• [Task instructions] In the records below, find each line holding the word "sized" and copy it.
[Opening Dataset extract section]
-- ===== src/Hdlc/Delivery.antt =====
-- The frames of `hdlc_encode_data`, `hdlc_encode_rr` and `hdlc_encode_snrm`, read by `hdlc_decode`.
use cosemlib.Base.{
  ℕ, ◌+◌, ◌*◌, ◌≤◌, ◌<◌, ◌≡◌, ◌==◌, ==_iff, refl, sym, ap, append_assoc, ◌∙◌, List, [], ◌∷◌, ◌++◌,
  Option, some, true, leb, le→leb, arith, length, length-append, slice, slice-eq-take, drop, ret,
  Exec,
}
use cosemlib.Base.Bits.{holds_below, holds_below_at}
use cosemlib.Hdlc.{Hdlc, Code, Packet}
use cosemlib.Hdlc.Control.{
  data_control, rr_control, decode_control_field, decode_control_field_lem,
  decode_control_field-data_control,
}
use cosemlib.Hdlc.Encode.{encode, encode_data, encode_rr, encode_snrm, snrm_nego, low_first}
use cosemlib.Hdlc.Decode.{decode}
use cosemlib.Hdlc.Frame.{addresses_of, crc, head, body, frame, frame_size_of}
use cosemlib.Hdlc.Stores.{length-addresses}
use cosemlib.Hdlc.Written.{encode-frame}
use cosemlib.Hdlc.Reading.{IsAddress, IsAddress-IsAddrLen, slice-middle}
use cosemlib.Hdlc.Addressed.{addressed, addressed-frame_size}
use cosemlib.Hdlc.RoundTrip.{with_field, decode-run, shape_hcs, length-header}

-- The state after a frame of the type `kind` of the link `h`.
abbrev found : Hdlc → List ℕ → Hdlc → Hdlc
found h field d =
    addressed h (record d { segmentation = 0; frame_size = frame_size_of h field + 2 })

abbrev typed : Hdlc → Packet → ℕ → ℕ → Hdlc
typed d kind rrr sss = record d { type = kind; poll_final = 1; rrr = rrr; sss = sss }

abbrev field_index : Hdlc → ℕ
field_index h = length (addresses_of h.sender h) + 6

abbrev pub received : Hdlc → Packet → ℕ → ℕ → List ℕ → Hdlc → Hdlc
received h kind rrr sss field d =
    with_field (field_index h) field (typed (found h field d) kind rrr sss)

-- A run of an encoder that succeeds with a frame that `d` decodes.
pub record Delivered (h d : Hdlc) (kind : Packet) (rrr sss : ℕ) (field : List ℕ)
    (run : Exec (List ℕ) (Option ℕ)) : Type 0 where
  pub out : List ℕ
  pub sent : run ≡ ret (some (frame_size_of h field + 2)) out
  pub accepted :
      decode out (frame_size_of h field + 2) d ≡ ret Code.ok (received h kind rrr sss field d)
  pub carried : slice (field_index h) (length field) out ≡ field

field_found :
    (h : Hdlc) (control : ℕ) (field q : List ℕ)
    → slice (field_index h) (length field) (frame h control field ++ q) ≡ field
unfolding low_first
field_found h control [] q = slice-eq-take (field_index h) 0 (frame h control [] ++ q)
field_found h control (x ∷ xs) q =
    let field = x ∷ xs in
    let header = head h (frame_size_of h field) control in
    let inside = body h control field in
    let r = crc inside ++ (0x7E ∷ q) in
    let shape : frame h control field ++ q ≡ ((0x7E ∷ header) ++ crc header) ++ (field ++ r) =
      shape_hcs h control field q
      ∙ ap (λ t. (0x7E ∷ header) ++ t) (append_assoc (crc header) field r)
      ∙ sym (append_assoc (0x7E ∷ header) (crc header) (field ++ r)) in
    ap (slice (field_index h) (length field)) shape
    ∙ slice-middle ((0x7E ∷ header) ++ crc header) field r (field_index h) (length field)
        (omega (arith, length-append header (crc header), length-header h control field q)) refl

delivered :
    (h d : Hdlc) (kind type : Packet) (control rrr sss size : ℕ) (field buf : List ℕ)
    → IsAddress h.addr_len h.logical_device h.phy_address
    → h.client_addr < 128
    → d.sender ≡ h.sender
    → ((e : Hdlc) → decode_control_field e control ≡ (Code.ok, typed e kind rrr sss))
    → frame_size_of h field < 256
    → frame_size_of h field + 2 ≤ size
    → frame_size_of h field + 2 ≤ length buf
    → Delivered h d kind rrr sss field (encode (record h { type = type }) size control field buf)
delivered h d kind type control rrr sss size field buf a c same control_of small room fits =
    let n = frame_size_of h field + 2 in
    let rest = drop n buf in
    let within : leb n size ≡ true = le→leb n size room in
    let after = typed (found h field d) kind rrr sss in
    let sized = addressed-frame_size h (record d { segmentation = 0; frame_size = n }) in
    record {
      out = frame h control field ++ rest;
      sent =
          encode-frame (record h { type = type }) size control field buf
            (IsAddress-IsAddrLen h.addr_len h.logical_device h.phy_address a) fits
            (omega (arith, small))
          ∙ rw within refl;
      accepted =
          decode-run h control field rest n d after a c same small (omega arith)
            (control_of (found h field d)) sized
          ∙ ap (λ i. ret Code.ok (with_field i field after))
              (omega (arith, length-header h control field rest));
      carried = field_found h control field rest;
    }

rr_table : holds_below 8 (λ k. rr_control k == k * 32 + 17) ≡ true
unfolding holds_below rr_control
rr_table = refl

decode_control_field-rr_control :
    (e : Hdlc) (rrr : ℕ)
    → rrr < 8
    → decode_control_field e (rr_control rrr) ≡ (Code.ok, typed e Packet.rr rrr 0)
decode_control_field-rr_control e rrr k =
    let value : rr_control rrr ≡ rrr * 32 + 17 =
      (==_iff _ _).0 (holds_below_at (λ n. rr_control n == n * 32 + 17) 8 rrr k rr_table) in
    rw value (decode_control_field_lem e (rrr * 32 + 17) (omega arith) ∙ ground arith)

decode_control_field-snrm :
    (e : Hdlc) → decode_control_field e 0x93 ≡ (Code.ok, typed e Packet.snrm 4 1)
decode_control_field-snrm e = decode_control_field_lem e 0x93 (omega arith)

-- On a link with counters of three bits, a client's address of seven bits and a server's address that
-- `hdlc_set_addr` keeps, in a buffer of at least 35 bytes that has room for the frame, `hdlc_encode_data` of
-- a frame of fewer than 256 bytes between its flags, `hdlc_encode_rr` and `hdlc_encode_snrm` return the length
-- of the frame, and `hdlc_decode` of the buffer, on the same side, accepts it, with both addresses, the type,
-- the counters, and the place and size of an information field, which stands there as it was given.
pub decode-encode :
    (h d : Hdlc) (field buf : List ℕ) (size : ℕ)
    → IsAddress h.addr_len h.logical_device h.phy_address
    → h.client_addr < 128
    → h.rrr < 8
    → h.sss < 8
    → d.sender ≡ h.sender
    → frame_size_of h field < 256
    → frame_size_of h field + 2 ≤ size
    → frame_size_of h field + 2 ≤ length buf
    → 35 ≤ size
    → 35 ≤ length buf
    → Delivered h d Packet.info h.rrr h.sss field ((encode_data h size field).1 buf)
      × Delivered h d Packet.rr h.rrr 0 [] ((encode_rr h size).1 buf)
      × Delivered h d Packet.snrm 4 1 snrm_nego ((encode_snrm h size).1 buf)
unfolding encode_data encode_rr encode_snrm
decode-encode h d field buf size a c r s same small room fits long large =
    let l = IsAddress-IsAddrLen h.addr_len h.logical_device h.phy_address a in
    let n = length-addresses h.sender h l in
    let short : h.addr_len ≤ 4 = ground (arith, l) in
    (
      delivered h d Packet.info Packet.info (data_control h.rrr h.sss) h.rrr h.sss size field buf a
          c same (λ e. decode_control_field-data_control e h.rrr h.sss r s) small room fits,
      delivered h d Packet.rr Packet.rr (rr_control h.rrr) h.rrr 0 size [] buf a c same
          (λ e. decode_control_field-rr_control e h.rrr r) (omega (arith, n, short))
          (omega (arith, n, short)) (omega (arith, n, short)),
      delivered h d Packet.snrm Packet.snrm 0x93 4 1 size snrm_nego buf a c same
          decode_control_field-snrm (omega (arith, n, short)) (omega (arith, n, short))
          (omega (arith, n, short)),
    )
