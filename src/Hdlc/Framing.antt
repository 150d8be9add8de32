-- ===== src/Hdlc/Framing.antt =====
-- The frames that `hdlc_decode` accepts.
use cosemlib.Base.{
  ℕ, ◌+◌, ◌*◌, ◌/◌, ◌%◌, ◌-◌, ◌≤◌, ◌≡◌, refl, ap, true, List, some, arith, length, get_elem?, Exec,
  ret, fault, M, pure, slice, bit_xor, bind_exec, Option-cases, inl, inr,
}
use cosemlib.Base.Words.{u16_mod}
use cosemlib.Hdlc.{Hdlc, Code, get_len}
use cosemlib.Hdlc.Fcs.{pppfcs16, check_fcs}
use cosemlib.Hdlc.Decode.{decode, decode_addresses, is_format_3}

-- What a frame shows of its own form: the flags, the format, the length within what was received, and
-- the check sequence over all between the flags but itself, low byte first.
pub record WellFramed (buf : List ℕ) (size : ℕ) : Type 0 where
  pub format : ℕ
  pub low : ℕ
  pub lo : ℕ
  pub hi : ℕ
  pub frame_size : ℕ
  pub opened : get_elem? buf 0 ≡ some 0x7E
  pub format_at : get_elem? buf 1 ≡ some format
  pub low_at : get_elem? buf 2 ≡ some low
  pub is_type_3 : is_format_3 format ≡ true
  pub measured : frame_size ≡ (get_len format low + 2) % u16_mod
  pub received : frame_size ≤ size
  pub long_enough : 4 ≤ frame_size
  pub inside : 1 + (frame_size - 4) ≤ length buf
  pub closed : get_elem? buf (frame_size - 1) ≡ some 0x7E
  pub lo_at : get_elem? buf (frame_size - 3) ≡ some lo
  pub hi_at : get_elem? buf (frame_size - 2) ≡ some hi
  pub checked :
      (hi * 256 % u16_mod + lo) % u16_mod
      ≡ bit_xor (pppfcs16 0xffff (slice 1 (frame_size - 4) buf)) 0xffff

check_fcs-ok :
    (buf : List ℕ) (n : ℕ) (h : Hdlc) {h' : Hdlc}
    → check_fcs buf n h ≡ ret Code.ok h'
    → (hi : ℕ) × (lo : ℕ) × (4 ≤ n)
      × (1 + (n - 4) ≤ length buf)
      × (get_elem? buf (n - 3) ≡ some lo)
      × (get_elem? buf (n - 2) ≡ some hi)
      × ((hi * 256 % u16_mod + lo) % u16_mod
          ≡ bit_xor (pppfcs16 0xffff (slice 1 (n - 4) buf)) 0xffff)
unfolding check_fcs
check_fcs-ok buf n h e = elim (Option-cases (get_elem? buf (n - 2))) [
  | inl gone ↦ absurd (ground arith)
  | inr (hi, hi_at) ↦ elim (Option-cases (get_elem? buf (n - 3))) [
    | inl gone ↦ absurd (ground arith)
    | inr (lo, lo_at) ↦ (hi, lo, ground arith, ground arith, lo_at, hi_at, ground arith)
  ]
]

continues :
    (code : Code) (k : M Hdlc Code) (s : Hdlc) {h' : Hdlc}
    → (elim code as (λ x. M Hdlc Code) [ Code.ok ↦ k | other ↦ pure other ]) s ≡ ret Code.ok h'
    → code ≡ Code.ok
continues Code.ok k s e = refl
continues _ k s e = cc

check-continues :
    (r : Exec Hdlc Code) (k : M Hdlc Code) {h' : Hdlc}
    → bind_exec r (λ code. elim code [ Code.ok ↦ k | other ↦ pure other ]) ≡ ret Code.ok h'
    → (s : Hdlc) × (r ≡ ret Code.ok s)
check-continues (ret code s) k e = (s, ap (λ c. ret c s) (continues code k s e))
check-continues fault k e = cc

decode-format :
    (buf : List ℕ) (size : ℕ) (h : Hdlc) {h' : Hdlc}
    → decode buf size h ≡ ret Code.ok h'
    → (b : ℕ) × (get_elem? buf 1 ≡ some b)
unfolding decode
decode-format buf size h e = elim (Option-cases (get_elem? buf 1)) [
  | inl gone ↦ absurd (ground arith)
  | inr there ↦ there
]

decode-low :
    (buf : List ℕ) (size : ℕ) (h : Hdlc) {h' : Hdlc}
    → decode buf size h ≡ ret Code.ok h'
    → (b : ℕ) × (get_elem? buf 2 ≡ some b)
unfolding decode
decode-low buf size h e = elim (Option-cases (get_elem? buf 2)) [
  | inl gone ↦ absurd (ground arith)
  | inr there ↦ there
]

-- The run of a frame that is accepted, up to the test of its check sequence.
decode-checks :
    (buf : List ℕ) (size format low : ℕ) (h : Hdlc) {h' : Hdlc}
    → get_elem? buf 1 ≡ some format
    → get_elem? buf 2 ≡ some low
    → decode buf size h ≡ ret Code.ok h'
    → let n = (get_len format low + 2) % u16_mod in
      (get_elem? buf 0 ≡ some 0x7E)
      × (is_format_3 format ≡ true)
      × (n ≤ size)
      × (get_elem? buf (n - 1) ≡ some 0x7E)
      × (bind_exec
            (check_fcs buf n (record h { segmentation = format / 8 % 2; frame_size = n }))
            (λ code. elim code [ Code.ok ↦ decode_addresses buf | other ↦ pure other ])
          ≡ ret Code.ok h')
unfolding decode
decode-checks buf size format low h p q e =
    (ground arith, ground arith, ground arith, ground arith, ground arith)

-- A frame that `hdlc_decode` accepts is well framed: flags at both ends, format 3, a length within what
-- was received, and a check sequence that fits.
pub decode-WellFramed :
    (buf : List ℕ) (size : ℕ) (h : Hdlc) {h' : Hdlc}
    → decode buf size h ≡ ret Code.ok h'
    → WellFramed buf size
decode-WellFramed buf size h e =
    let (format, format_at) = decode-format buf size h e in
    let (low, low_at) = decode-low buf size h e in
    let (opened, is_type_3, received, closed, run) =
      decode-checks buf size format low h format_at low_at e in
    let (s, checked) = check-continues _ _ run in
    let (hi, lo, long_enough, inside, lo_at, hi_at, sums) = check_fcs-ok buf _ _ checked in
    record {
      format = format;
      low = low;
      lo = lo;
      hi = hi;
      frame_size = (get_len format low + 2) % u16_mod;
      opened = opened;
      format_at = format_at;
      low_at = low_at;
      is_type_3 = is_type_3;
      measured = refl;
      received = received;
      long_enough = long_enough;
      inside = inside;
      closed = closed;
      lo_at = lo_at;
      hi_at = hi_at;
      checked = sums;
    }
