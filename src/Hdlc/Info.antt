-- ===== src/Hdlc/Info.antt =====
-- hdlc/hdlc.c: the negotiation in the information field of an SNRM or UA frame. The loop of the source
-- has no bound, so the model runs it on fuel: `running` is the loop after that many rounds.
use cosemlib.Base.{
  ℕ, zero, suc, ◌+◌, ◌%◌, ◌<◌, ◌≤◌, ◌≡◌, ◌≢◌, refl, Bool, true, false, ◌&&◌, List, [], ◌∷◌, ◌++◌,
  Option, none, some, if◌then◌else◌, ltb, leb, ◌==◌, arith, get_elem?, length, ret, M, pure, get,
  put, ◌>>=◌, ◌>>◌, get_elem?-some,
}
use cosemlib.Base.Words.{u8_mod, u16_mod, get_be16, get_be32}
use cosemlib.Hdlc.{Hdlc, Code, Packet, load}

pub data Loop : Type 0 where
  running : Loop
  stopped : Code → Loop

-- `hdlc_read_option` at index `i`
unfoldable pub read_option : List ℕ → ℕ → ℕ → M Hdlc ℕ
unfolding get_be16 get_be32
read_option buf i size =
    if size == 1
    then load buf i
    else if size == 2
    then (do a ← load buf i; b ← load buf (i + 1); pure (get_be16 a b))
    else if size == 4
    then (do
      a ← load buf i
      b ← load buf (i + 1)
      c ← load buf (i + 2)
      d ← load buf (i + 3)
      pure (get_be32 a b c d))
    else pure 0

-- The field that an option of each tag sets, in the width of the field; any other tag sets none.
unfoldable pub store_option : ℕ → ℕ → Hdlc → Option Hdlc
store_option tag opt h =
    if tag == 5
    then some (record h { max_info_field_tx = opt % u16_mod })
    else if tag == 6
    then some (record h { max_info_field_rx = opt % u16_mod })
    else if tag == 7
    then some (record h { window_tx = opt % u8_mod })
    else if tag == 8
    then some (record h { window_rx = opt % u8_mod })
    else none

abbrev pub is_option : ℕ → Bool
is_option tag = leb 5 tag && leb tag 8

-- The `while` loop: `index` is a `uint8_t`, and four options end it.
unfoldable pub options_loop : ℕ → List ℕ → ℕ → ℕ → M Hdlc Loop
unfolding read_option store_option
options_loop zero buf index tags = pure running
options_loop (suc fuel) buf index tags = do
  tag ← load buf index
  size ← load buf ((index + 1) % u8_mod)
  let start = (index + 2) % u8_mod
  if is_option tag
      then (do
        opt ← read_option buf start size
        if opt == 0 then pure (stopped Code.err_nego) else (do
          h ← get
          elim (store_option tag opt h) [
            | none ↦ pure (stopped Code.err_nego)
            | some h' ↦ do
              put h'
              if leb 4 (tags + 1)
                  then pure (stopped Code.ok)
                  else options_loop fuel buf ((start + size) % u8_mod) (tags + 1)
          ]))
      else (if leb 4 tags then pure (stopped Code.ok) else options_loop fuel buf start tags)

abbrev pub negotiates : Packet → Bool
negotiates Packet.snrm = true
negotiates Packet.ua = true
negotiates _ = false

-- `hdlc_decode_info_field`
unfoldable pub decode_info_field : ℕ → List ℕ → ℕ → M Hdlc Loop
unfolding options_loop
decode_info_field fuel buf info_field_size = do
  h ← get
  if ltb 0 info_field_size && negotiates h.type
      then (do
        a ← load buf 0
        if a == 0x81
            then (do
              b ← load buf 1
              if b == 0x80
                  then (do
                    c ← load buf 2
                    if c + 3 == info_field_size
                        then options_loop fuel buf 3 0
                        else pure (stopped Code.err_nego))
                  else pure (stopped Code.err_nego))
            else pure (stopped Code.err_nego))
      else pure (stopped Code.ok)

-- The four options in the order and the sizes of `snrm_nego`.
abbrev pub nego : ℕ → ℕ → List ℕ → List ℕ → List ℕ
nego tx rx wtx wrx = 0x81 ∷ 0x80 ∷ 0x12 ∷ 5 ∷ 1 ∷ tx ∷ 6 ∷ 1 ∷ rx ∷ 7 ∷ 4 ∷ wtx ++ (8 ∷ 4 ∷ wrx)

-- An SNRM or UA frame whose information field holds the four options, in the order and the sizes that
-- `hdlc_encode_snrm` sends, with no option equal to 0, is accepted after four rounds of the loop, and
-- each option sets its field, in the width of the field, and no other.
pub decode_info_field-nego :
    (fuel tx rx a b c d e f g i : ℕ) (h : Hdlc)
    → negotiates h.type ≡ true
    → tx ≢ 0
    → tx < 256
    → rx ≢ 0
    → rx < 256
    → get_be32 a b c d ≢ 0
    → get_be32 e f g i ≢ 0
    → decode_info_field
        (suc (suc (suc (suc fuel))))
        (nego tx rx (a ∷ b ∷ c ∷ d ∷ []) (e ∷ f ∷ g ∷ i ∷ []))
        21
        h
      ≡ ret (stopped Code.ok) (record h {
        max_info_field_tx = tx;
        max_info_field_rx = rx;
        window_tx = get_be32 a b c d % u8_mod;
        window_rx = get_be32 e f g i % u8_mod;
      })
unfolding decode_info_field
decode_info_field-nego fuel tx rx a b c d e f g i h n p q r s t u = ground arith

-- No byte at an odd index is the tag of an option.
abbrev pub NoOption : List ℕ → Type 0
NoOption buf = (i b : ℕ) → i % 2 ≡ 1 → get_elem? buf i ≡ some b → is_option b ≡ false

options_loop-running :
    (fuel : ℕ) (buf : List ℕ) (index : ℕ) (h : Hdlc)
    → 256 ≤ length buf
    → NoOption buf
    → index < 256
    → index % 2 ≡ 1
    → options_loop fuel buf index 0 h ≡ ret running h
unfolding options_loop
options_loop-running zero buf index h long none_found k odd = refl
options_loop-running (suc fuel) buf index h long none_found k odd =
    let (tag, at) = get_elem?-some buf index (omega arith) in
    let (size, next) = get_elem?-some buf ((index + 1) % u8_mod) (omega arith) in
    let again =
      options_loop-running fuel buf ((index + 2) % u8_mod) h long none_found (omega arith)
        (omega arith) in
    ground (arith, at, next, none_found index tag odd at, again)

-- `hdlc_decode_info_field` never returns on a negotiation whose header is right and which has no
-- option's tag at any odd index: its loop, whose index wraps round at 256, is running after any number
-- of rounds, if 256 bytes of memory can be read at all.
pub decode_info_field_diverges :
    (fuel : ℕ) (buf : List ℕ) (length_byte : ℕ) (h : Hdlc)
    → negotiates h.type ≡ true
    → 256 ≤ length buf
    → get_elem? buf 0 ≡ some 0x81
    → get_elem? buf 1 ≡ some 0x80
    → get_elem? buf 2 ≡ some length_byte
    → NoOption buf
    → decode_info_field fuel buf (length_byte + 3) h ≡ ret running h
unfolding decode_info_field
decode_info_field_diverges fuel buf length_byte h n long first second third none_found =
    ground (arith, options_loop-running fuel buf 3 h long none_found (omega arith) (omega arith))
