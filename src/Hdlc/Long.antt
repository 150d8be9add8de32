-- ===== src/Hdlc/Long.antt =====
-- Frames of 256 bytes and more, between their flags, written by `hdlc_encode` and read by `hdlc_decode`.
use cosemlib.Base.{
  ℕ, ◌+◌, ◌*◌, ◌/◌, ◌%◌, ◌≤◌, ◌<◌, ◌≡◌, refl, ◌∙◌, List, ◌++◌, some, true, false, if◌then◌else◌,
  ==_iff, leb, le→leb, arith, length, drop, ret, ◌>>=◌,
}
use cosemlib.Base.Words.{u16_mod, low8, shr}
use cosemlib.Hdlc.{Hdlc, Code, get_len}
use cosemlib.Hdlc.Encode.{encode}
use cosemlib.Hdlc.Decode.{decode, is_format_3}
use cosemlib.Hdlc.Frame.{IsAddrLen, frame, frame_size_of}
use cosemlib.Hdlc.Written.{encode-frame, total_of}

-- What `hdlc_get_len` makes of the length bytes of a frame.
abbrev pub read_len_of : ℕ → ℕ
read_len_of fs = fs / 256 % 4 * 2048 + fs % 256

-- A frame of the length `fs` between its flags that is too long.
decode-long :
    (h d : Hdlc) (control size : ℕ) (field q : List ℕ)
    → frame_size_of h field < 2048
    → size < read_len_of (frame_size_of h field) + 2
    → decode (frame h control field ++ q) size d
      ≡ ret Code.err_size
          (record d { segmentation = 0; frame_size = read_len_of (frame_size_of h field) + 2 })
unfolding decode get_len
decode-long h d control size field q small short =
    let fs = frame_size_of h field in
    let format = 0xA0 + shr fs 8 % 8 in
    let typed : is_format_3 format ≡ true = (==_iff _ _).1 (omega (arith, small)) in
    let segment : format / 8 % 2 ≡ 0 = omega (arith, small) in
    let measured : ((format % 4 * 2048 % u16_mod + low8 fs) % u16_mod + 2) % u16_mod
        ≡ read_len_of fs + 2 =
      omega (arith, small) in
    let over : leb (read_len_of fs + 2) size ≡ false = ground (arith, short) in
    rw (◌>>=◌, typed, if◌then◌else◌, measured, segment, over) refl

-- `hdlc_encode` of a frame of 256 to 1023, or of 1280 to 2047, bytes between its flags, with an address of one, two or
-- four bytes and a buffer that has room for it, returns the length of the frame; `hdlc_decode`, given what was
-- written and its length, refuses it with `HDLC_ERR_SIZE`: for the length it has read 2048 times the two lowest bits of the length's high
-- byte, and its low byte.
pub decode-encode_long :
    (h d : Hdlc) (control size : ℕ) (field buf : List ℕ)
    → IsAddrLen h.addr_len
    → 256 ≤ frame_size_of h field % 1024
    → frame_size_of h field < 2048
    → total_of h field ≤ size
    → total_of h field ≤ length buf
    → (out : List ℕ) × (encode h size control field buf ≡ ret (some (total_of h field)) out)
      × (decode out (total_of h field) d
          ≡ ret Code.err_size
              (record d { segmentation = 0; frame_size = read_len_of (frame_size_of h field) + 2 }))
decode-encode_long h d control size field buf l long small room fits =
    let fs = frame_size_of h field in
    let within : leb (total_of h field) size ≡ true = le→leb (total_of h field) size room in
    (
      frame h control field ++ drop (total_of h field) buf,
      encode-frame h size control field buf l fits (omega (arith, small)) ∙ rw within refl,
      decode-long h d control (total_of h field) field (drop (total_of h field) buf) small
          (omega (arith, long, small)),
    )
[Closing Dataset extract section]
• [Problem solution]
    let sized = addressed-frame_size h (record d { segmentation = 0; frame_size = n }) in
            (control_of (found h field d)) sized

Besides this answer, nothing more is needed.